An estimate of the radial gradient of the toroidal magnetic field at the top of the Earth's core

Abstract

In an αω-type geodynamo, the toroidal magnetic field generated from the poloidal field through differential rotation can be sufficiently strong to make the Lorentz force comparable in strength with the Coriolis force. Thus the fluid flow at the top of the core should contain some information about the toroidal magnetic field. The magnetostrophic approximation is used in the momentum equation for fluid motion to relate the fluctuating part of the axisymmetric poloidal motion of the fluid with the radial gradient, ∂B/∂r, of the steady part of the axisymmetric toroidal field at the core-mantle boundary (CMB). The former can be determined from a geomagnetic secular variation model using Braginsky's (Sov. Phys. JETP, 20: 1462-1471, 1965a) theory of the hydromagnetic dynamo.
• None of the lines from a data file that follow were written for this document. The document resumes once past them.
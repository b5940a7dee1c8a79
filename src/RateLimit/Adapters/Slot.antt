-- ===== src/RateLimit/Adapters/Slot.antt =====
-- The slot that a metered MCP call takes and gives back.
use orbeat_community.Prelude.{
  ℕ, ◌≤◌, ◌<◌, String, ◌≡◌, refl, ap, ◌∙◌, ◌≢◌, ◌⊎◌, Bool, true, false, Option, none, some, ◌==◌,
  ltb, eqb, arith, Bool-cases, inl, inr, eq_iff,
}
use orbeat_community.RateLimit.Concurrency.{ConcurrencyLimiter, acquire_at, in_flight}
use orbeat_community.RateLimit.Concurrency.Slots.{acquire_at_lem, in_flight-release}
use orbeat_community.RateLimit.Adapters.{Reply, passed, capped, pass, metered, mcp_concurrency}

module _ {A : Type 0} (next : ConcurrencyLimiter → A × ConcurrencyLimiter) where
  -- What the reply of a metered call tells: a result is the handler's, and there was room below the
  -- cap or no cap; a refusal reports the cap and a count that has reached it.
  abbrev pub Explains : ConcurrencyLimiter → String → ℕ → Reply A → Type 0
  Explains c key now (passed a) =
      (a ≡ (next (acquire_at c key now true).1).0) × ((c.max ≡ 0) ⊎ (in_flight c key < c.max))
  Explains c key now (capped limit n) =
      (limit ≡ c.max) × (n ≡ in_flight c key) × (0 < limit) × (limit ≤ n)

  -- The same of a call by method, whether or not a key is derived: only a call of the metered method
  -- with a key is metered, and every other gets the handler's result.
  abbrev pub Answers : ConcurrencyLimiter → String → String → Option String → ℕ → Reply A → Type 0
  Answers c method m none now r = r ≡ passed (next c).0
  Answers c method m (some key) now r =
      ((m ≢ method) × (r ≡ passed (next c).0)) ⊎ ((m ≡ method) × Explains c key now r)

  acquire_at-disabled :
      (c : ConcurrencyLimiter) (key : String) (now : ℕ) (sample : Bool)
      → ltb 0 c.max ≡ false
      → (acquire_at c key now sample).0.ok ≡ true × ((acquire_at c key now sample).1 ≡ c)
  unfolding acquire_at
  acquire_at-disabled c key now sample off = elim (Bool-cases (eqb c.max 0)) [
    | inl none_ ↦ rw none_ (refl, refl)
    | inr some_ ↦ absurd (ground arith)
  ]

  max-acquire_at :
      (c : ConcurrencyLimiter) (key : String) (now : ℕ) (sample : Bool)
      → (acquire_at c key now sample).1.max ≡ c.max
  unfolding acquire_at
  max-acquire_at c key now sample = ground arith

  -- A handler that leaves every count as it finds it makes a metered call that does so too: the
  -- slot that the call takes is given back. The reply is the handler's, or it reports the cap and a
  -- count that has reached it.
  metered_lem :
      (c : ConcurrencyLimiter) (key : String) (now later : ℕ)
      → ((c' : ConcurrencyLimiter) (k : String) → in_flight (next c').1 k ≡ in_flight c' k)
      → ((k : String) → in_flight (metered next c key now later).1 k ≡ in_flight c k)
        × Explains c key now (metered next c key now later).0
  unfolding metered pass
  metered_lem c key now later fair =
      let (a, c') = acquire_at c key now true in
      let c'' = (next c').1 in
      elim (Bool-cases (ltb 0 c.max)) [
        | inr off ↦
            let (ok, same) = acquire_at-disabled c key now true off in
            rw (ok, off) (λ k. fair c' k ∙ ap (λ x. in_flight x k) same, (refl, inl (ground arith)))
        | inl on ↦
            let pos : 0 < c.max = ground arith in
            let effect = λ (k : String). acquire_at_lem c key k now true pos in
            elim (Bool-cases a.ok) [
              | inl ok ↦
                  rw (ok, on)
                    (
                      λ k. ground (arith, in_flight-release c'' key k later, fair c' k, effect k),
                      (refl, inr (ground (arith, effect key))),
                    )
              | inr denied ↦ rw denied (
                λ k. ground (arith, effect k),
                (
                  max-acquire_at c key now true,
                  ground (arith, effect key),
                  rw (max-acquire_at c key now true) pos,
                  ground (arith, effect key, max-acquire_at c key now true),
                ),
              )
            ]
      ]

-- A handler that leaves every in-flight count as it finds it, wrapped by MCPConcurrency, still does
-- so, whatever the method and whether or not a key is derived: no slot leaks. A call without a key or
-- of another method is never refused and gets the handler's result. A metered call gets the result
-- of the handler, run with the slot taken, only where its key's count was below the cap or there is
-- no cap; and where it is refused, there is a cap, the count has reached it, and both are reported.
pub mcp_concurrency_lem :
    {A : Type 0} (next : ConcurrencyLimiter → A × ConcurrencyLimiter) (c : ConcurrencyLimiter)
    (method m : String) (key : Option String) (now later : ℕ)
    → ((c' : ConcurrencyLimiter) (k : String) → in_flight (next c').1 k ≡ in_flight c' k)
    → let r = mcp_concurrency next c method m key now later in
      ((k : String) → in_flight r.1 k ≡ in_flight c k) × Answers next c method m key now r.0
unfolding mcp_concurrency pass
mcp_concurrency_lem next c method m none now later fair = (λ k. fair c k, refl)
mcp_concurrency_lem next c method m (some key) now later fair = elim (Bool-cases (m == method)) [
  | inr other ↦ rw other (λ k. fair c k, inl (ground (arith, eq_iff m method), refl))
  | inl same ↦
      let (kept, why) = metered_lem next c key now later fair in
      rw same (kept, inr ((eq_iff m method).0 same, why))
]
A geomagnetic secular acceleration model is then used to estimate ∂B/∂r at the CMB. The truncation level N for the geomagnetic field model is varied from three to six and consistent values of ∂B/∂r are only obtained for a range of colatitudes θ between 135° and 180° . It is seen that |∂B/∂r| increases from zero at θ = 180° and attains a maxi near θ ≈ 145° for N = 3 and N = 4, and ∂B/∂r is negative throughout this range of θ in all cases. The average value of ∂B/∂r over this range of θ is found to be around -4 × 10^-6 T m^-1.